Согласно особенно предпочтительному варианту первого аспекта данного изобретения авторы обеспечивают способ обнаружения мутации в грибной нуклеиновой кислоте, где присутствие указанной мутации вызывает появление грибной устойчивости к аналогу стробилурина или любому другому соединению в той же самой группе перекрестной устойчивости, причем указанный способ предусматривает контактирование тест-пробы, содержащей грибную нуклеиновую кислоту, с диагностическим праймером для специфической мутации в присутствии подходящих нуклеотидтрифосфатов и агента для полимеризации, так что этот диагностический праймер удлиняется только в том случае, когда указанная мутация присутствует в пробе, и детектирование присутствия или отсутствия указанной мутации по присутствию или отсутствию продукта удлинения диагностического праймера.

В применении здесь термин диагностический праймер используют для обозначения праймера, который используется специфически для идентификации присутствия или отсутствия мутации или последовательности дикого типа, а термин обычный праймер используют для обозначения праймера, связывающегося с противоположной цепью ДНК относительно диагностического праймера и 3’ относительно района, узнаваемого этим диагностическим праймером, и который, действуя с указанным диагностическим праймером, позволяет амплификацию лежащего между ними участка ДНК во время ПЦР. Если диагностический праймер является праймером ARMS, он может иметь 3’ дефект спаривания по сравнению с мутантной последовательностью или последовательностью дикого типа.

В этом и во всех последующих аспектах и вариантах данного изобретения предпочтительно детектировать удлинение продукта праймерного удлинения с использованием системы детектирования, которая является интегральной частью либо диагностического праймера, либо обычного праймера на противоположной цепи. Это описано более подробно здесь.
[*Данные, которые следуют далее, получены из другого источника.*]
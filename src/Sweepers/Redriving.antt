-- ===== src/Sweepers/Redriving.antt =====
-- What a sweep of recovery.service.ts does to the stuck rows, over services that answer.
use mathlib.Core.List.{append_assoc, append-nil}
use basket_shared.Prelude.{
  ℕ, suc, ◌-◌, ◌≡◌, refl, sym, ◌∙◌, inl, inr, Bool, true, false, not, Option, none, some, List, [],
  ◌∷◌, ◌++◌, map, take, filter, leb, ◌==◌, if◌then◌else◌, Bool-cases, All,
}
use basket_shared.World.Entities.{
  FileTransfer, failed, TransferJobData, recovered_exhausted, Message,
}
use basket_shared.World.State.{World}
use basket_shared.World.Monad.{ok, pure, local, call, ◌>>=◌, for_each, try◌catch◌, try◌finally◌}
use basket_shared.Repository.{failed_patch, mark_failed, update_transfer, is_stuck, find_stuck}
use basket_shared.Repository.Table.{update_by_id, find_by_id, oldest_first}
use basket_shared.Outbox.{add_transfer_job}
use basket_shared.World.Lives.{IsReliable}
use basket_shared.Sweepers.{RecoveryConfig, redrive, sweep_once, set_sweeping, sweep}

-- A row that has been tried as often as it may be.
abbrev pub is_exhausted : RecoveryConfig → FileTransfer → Bool
is_exhausted c t = leb c.max_attempts t.attempts

-- The jobs of the rows that have attempts left.
abbrev pub requeued : RecoveryConfig → List FileTransfer → List TransferJobData
requeued c batch =
    map (λ t. record { transfer_id = t.id; carrier = none })
      (filter (λ t. not (is_exhausted c t)) batch)

abbrev Each : (FileTransfer → Type 0) → Option FileTransfer → Type 0
Each P none = Unit
Each P (some t) = P t

-- The row `id`, if it is there, is FAILED.
abbrev pub IsFailed : ℕ → List FileTransfer → Type 0
IsFailed id rows = Each (λ t. t.status ≡ failed) (find_by_id id rows)

module _ (id now : ℕ) (m : Message) where
  fail-IsFailed_self :
      (rows : List FileTransfer) → IsFailed id (update_by_id id now (failed_patch m) rows)
  unfolding find_by_id update_by_id
  fail-IsFailed_self [] = tt
  fail-IsFailed_self (t ∷ rows) = elim (Bool-cases (t.id == id)) [
    | inl e ↦ rw (e, e) refl
    | inr e ↦ rw (e, e) (fail-IsFailed_self rows)
  ]

  fail-IsFailed :
      (other : ℕ) (rows : List FileTransfer)
      → IsFailed other rows
      → IsFailed other (update_by_id id now (failed_patch m) rows)
  unfolding find_by_id update_by_id
  fail-IsFailed other [] h = tt
  fail-IsFailed other (t ∷ rows) h = elim (Bool-cases (t.id == id)) [
    | inl e ↦ elim (Bool-cases (t.id == other)) [
      | inl o ↦ rw (e, o) refl
      | inr o ↦ rw (e, o) (fail-IsFailed other rows (rw o at h))
    ]
    | inr e ↦ elim (Bool-cases (t.id == other)) [
      | inl o ↦ rw (e, o) (rw o at h)
      | inr o ↦ rw (e, o) (fail-IsFailed other rows (rw o at h))
    ]
  ]

module _ (c : RecoveryConfig) where
  -- The state after one row.
  abbrev redriven : FileTransfer → World → World
  redriven t w =
      if is_exhausted c t
      then record w {
        tick = suc w.tick;
        db = record w.db {
          transfers =
              update_by_id t.id (w.services.clock w.tick)
                (failed_patch (recovered_exhausted t.attempts)) w.db.transfers;
        };
      }
      else record w {
        tick = suc w.tick;
        transfer_jobs = w.transfer_jobs ++ record { transfer_id = t.id; carrier = none } ∷ [];
      }

  redrive-redriven :
      (t : FileTransfer) (w : World) → IsReliable w.services → redrive c t w ≡ (ok tt, redriven t w)
  unfolding redrive mark_failed update_transfer add_transfer_job call
  redrive-redriven t w r = elim (Bool-cases (is_exhausted c t)) [
    | inl e ↦ rw (e, r.answers w.tick) refl
    | inr e ↦ rw (e, r.answers w.tick) refl
  ]

  redriven-IsReliable :
      (t : FileTransfer) (w : World) → IsReliable w.services → IsReliable (redriven t w).services
  redriven-IsReliable t w r = elim (Bool-cases (is_exhausted c t)) [
    | inl e ↦ rw e r
    | inr e ↦ rw e r
  ]

  abbrev all_redriven : List FileTransfer → World → World
  all_redriven [] w = w
  all_redriven (t ∷ batch) w = all_redriven batch (redriven t w)

  for_each-redriven :
      (batch : List FileTransfer) (w : World)
      → IsReliable w.services
      → for_each batch (redrive c) w ≡ (ok tt, all_redriven batch w)
  unfolding for_each ◌>>=◌ pure
  for_each-redriven [] w r = refl
  for_each-redriven (t ∷ batch) w r =
      rw (redrive-redriven t w r)
        (for_each-redriven batch (redriven t w) (redriven-IsReliable t w r))

  all_redriven-jobs :
      (batch : List FileTransfer) (w : World)
      → (all_redriven batch w).transfer_jobs ≡ w.transfer_jobs ++ requeued c batch
  all_redriven-jobs [] w = sym (append-nil w.transfer_jobs)
  all_redriven-jobs (t ∷ batch) w = all_redriven-jobs batch (redriven t w) ∙ one
    where
      one :
          (redriven t w).transfer_jobs ++ requeued c batch
          ≡ w.transfer_jobs ++ requeued c (t ∷ batch)
      one = elim (Bool-cases (is_exhausted c t)) [
        | inl e ↦ rw e refl
        | inr e ↦ rw e (
            append_assoc w.transfer_jobs (record { transfer_id = t.id; carrier = none } ∷ [])
              (requeued c batch))
      ]

  redriven-IsFailed :
      (t : FileTransfer) (w : World) (id : ℕ)
      → IsFailed id w.db.transfers
      → IsFailed id (redriven t w).db.transfers
  redriven-IsFailed t w id h = elim (Bool-cases (is_exhausted c t)) [
    | inl e ↦ rw e (
        fail-IsFailed t.id (w.services.clock w.tick) (recovered_exhausted t.attempts) id
          w.db.transfers h)
    | inr e ↦ rw e h
  ]

  all_redriven-IsFailed :
      (batch : List FileTransfer) (w : World) (id : ℕ)
      → IsFailed id w.db.transfers
      → IsFailed id (all_redriven batch w).db.transfers
  all_redriven-IsFailed [] w id h = h
  all_redriven-IsFailed (t ∷ batch) w id h =
      all_redriven-IsFailed batch (redriven t w) id (redriven-IsFailed t w id h)

  -- The rows of the batch that are exhausted are FAILED.
  abbrev pub GaveUp : List FileTransfer → List FileTransfer → Type 0
  GaveUp batch rows = All (λ t. IsFailed t.id rows) (filter (is_exhausted c) batch)

  all_redriven-GaveUp :
      (batch : List FileTransfer) (w : World) → GaveUp batch (all_redriven batch w).db.transfers
  all_redriven-GaveUp [] w = tt
  all_redriven-GaveUp (t ∷ batch) w = elim (Bool-cases (is_exhausted c t)) [
    | inl e ↦ rw e (
      all_redriven-IsFailed batch (redriven t w) t.id (failed_now e),
      all_redriven-GaveUp batch (redriven t w),
    )
    | inr e ↦ rw e (all_redriven-GaveUp batch (redriven t w))
  ]
    where
      failed_now : is_exhausted c t ≡ true → IsFailed t.id (redriven t w).db.transfers
      failed_now e = rw e (
          fail-IsFailed_self t.id (w.services.clock w.tick) (recovered_exhausted t.attempts)
            w.db.transfers)

  -- The rows that a sweep takes: the oldest that are stuck, at most a batch of them.
  abbrev pub stuck_batch : World → List FileTransfer
  stuck_batch w = take c.batch_size (
      oldest_first (λ t. t.updated_at)
        (filter (is_stuck (w.services.clock w.tick - c.stale_ms)) w.db.transfers))

  -- What a sweep that did its work has done.
  pub record Swept (w w' : World) : Type 0 where
    pub jobs : w'.transfer_jobs ≡ w.transfer_jobs ++ requeued c (stuck_batch w)
    pub gave_up : GaveUp (stuck_batch w) w'.db.transfers
    pub released : w'.sweeping ≡ false

  -- Where recovery is on, every call is answered and no sweep runs, a sweep adds a job to the
  -- queue for each row of its batch that has attempts left, once and in the order of the batch,
  -- makes every other row of the batch FAILED, if its id is still there, and clears its flag.
  pub sweep-Swept :
      (w : World)
      → c.enabled ≡ true
      → w.sweeping ≡ false
      → IsReliable w.services
      → (w' : World) × ((sweep c w ≡ (ok tt, w')) × Swept w w')
  unfolding sweep sweep_once find_stuck local ◌>>=◌ pure call try◌catch◌ try◌finally◌
  sweep-Swept w on idle r =
      let v : World = record w { sweeping = true; tick = suc w.tick } in
      (
        set_sweeping false (all_redriven (stuck_batch w) v),
        (
          rw (on, idle, r.answers w.tick, for_each-redriven (stuck_batch w) v r) refl,
          record {
            jobs = all_redriven-jobs (stuck_batch w) v;
            gave_up = all_redriven-GaveUp (stuck_batch w) v;
            released = refl;
          },
        ),
      )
Способы данного изобретения особенно пригодны для обнаружения мутаций в митохондриальном гене, который кодирует белок, являющийся мишенью для фунгицида, особенно для обнаружения мутаций в грибном гене цитохрома b, где указанные мутации приводят к ингибированию фунгицидной активности белка цитохрома b, но все еще позволяют осуществление генерирования АТФ и наиболее предпочтительно, где указанная мутация в грибном гене цитохрома b приводит к одной из следующих аминокислотных замен: A₁₂₆T, F₁₂₉L, Y₁₃₂C, C₁₃₃Y, G₁₃₇R/S/E/V, W₁₄₂T/K, G₁₄₃A, I₁₄₇F, T₁₄₈M, N₂₅₆Y/K/I, I₂₇₅F/S/T или L₂₉₅F, где первая аминокислота заменяется второй аминокислотой в положении в последовательности, обозначенном номером, присутствие которой вызывает появление грибной устойчивости к аналогам стробилурина или любому другому соединению в той же самой группе перекрестной устойчивости, причем идентификация остатков основана на системе нумерации остатков цитохрома в S. cerevisiae.

Аналоги стробилурина и соединения в той же самой группе перекрестной устойчивости включают в себя, например, азоксистробин, пикоксистробин, крезоксим-метил, трифлоксистробин, фамоксадон и фенамидон.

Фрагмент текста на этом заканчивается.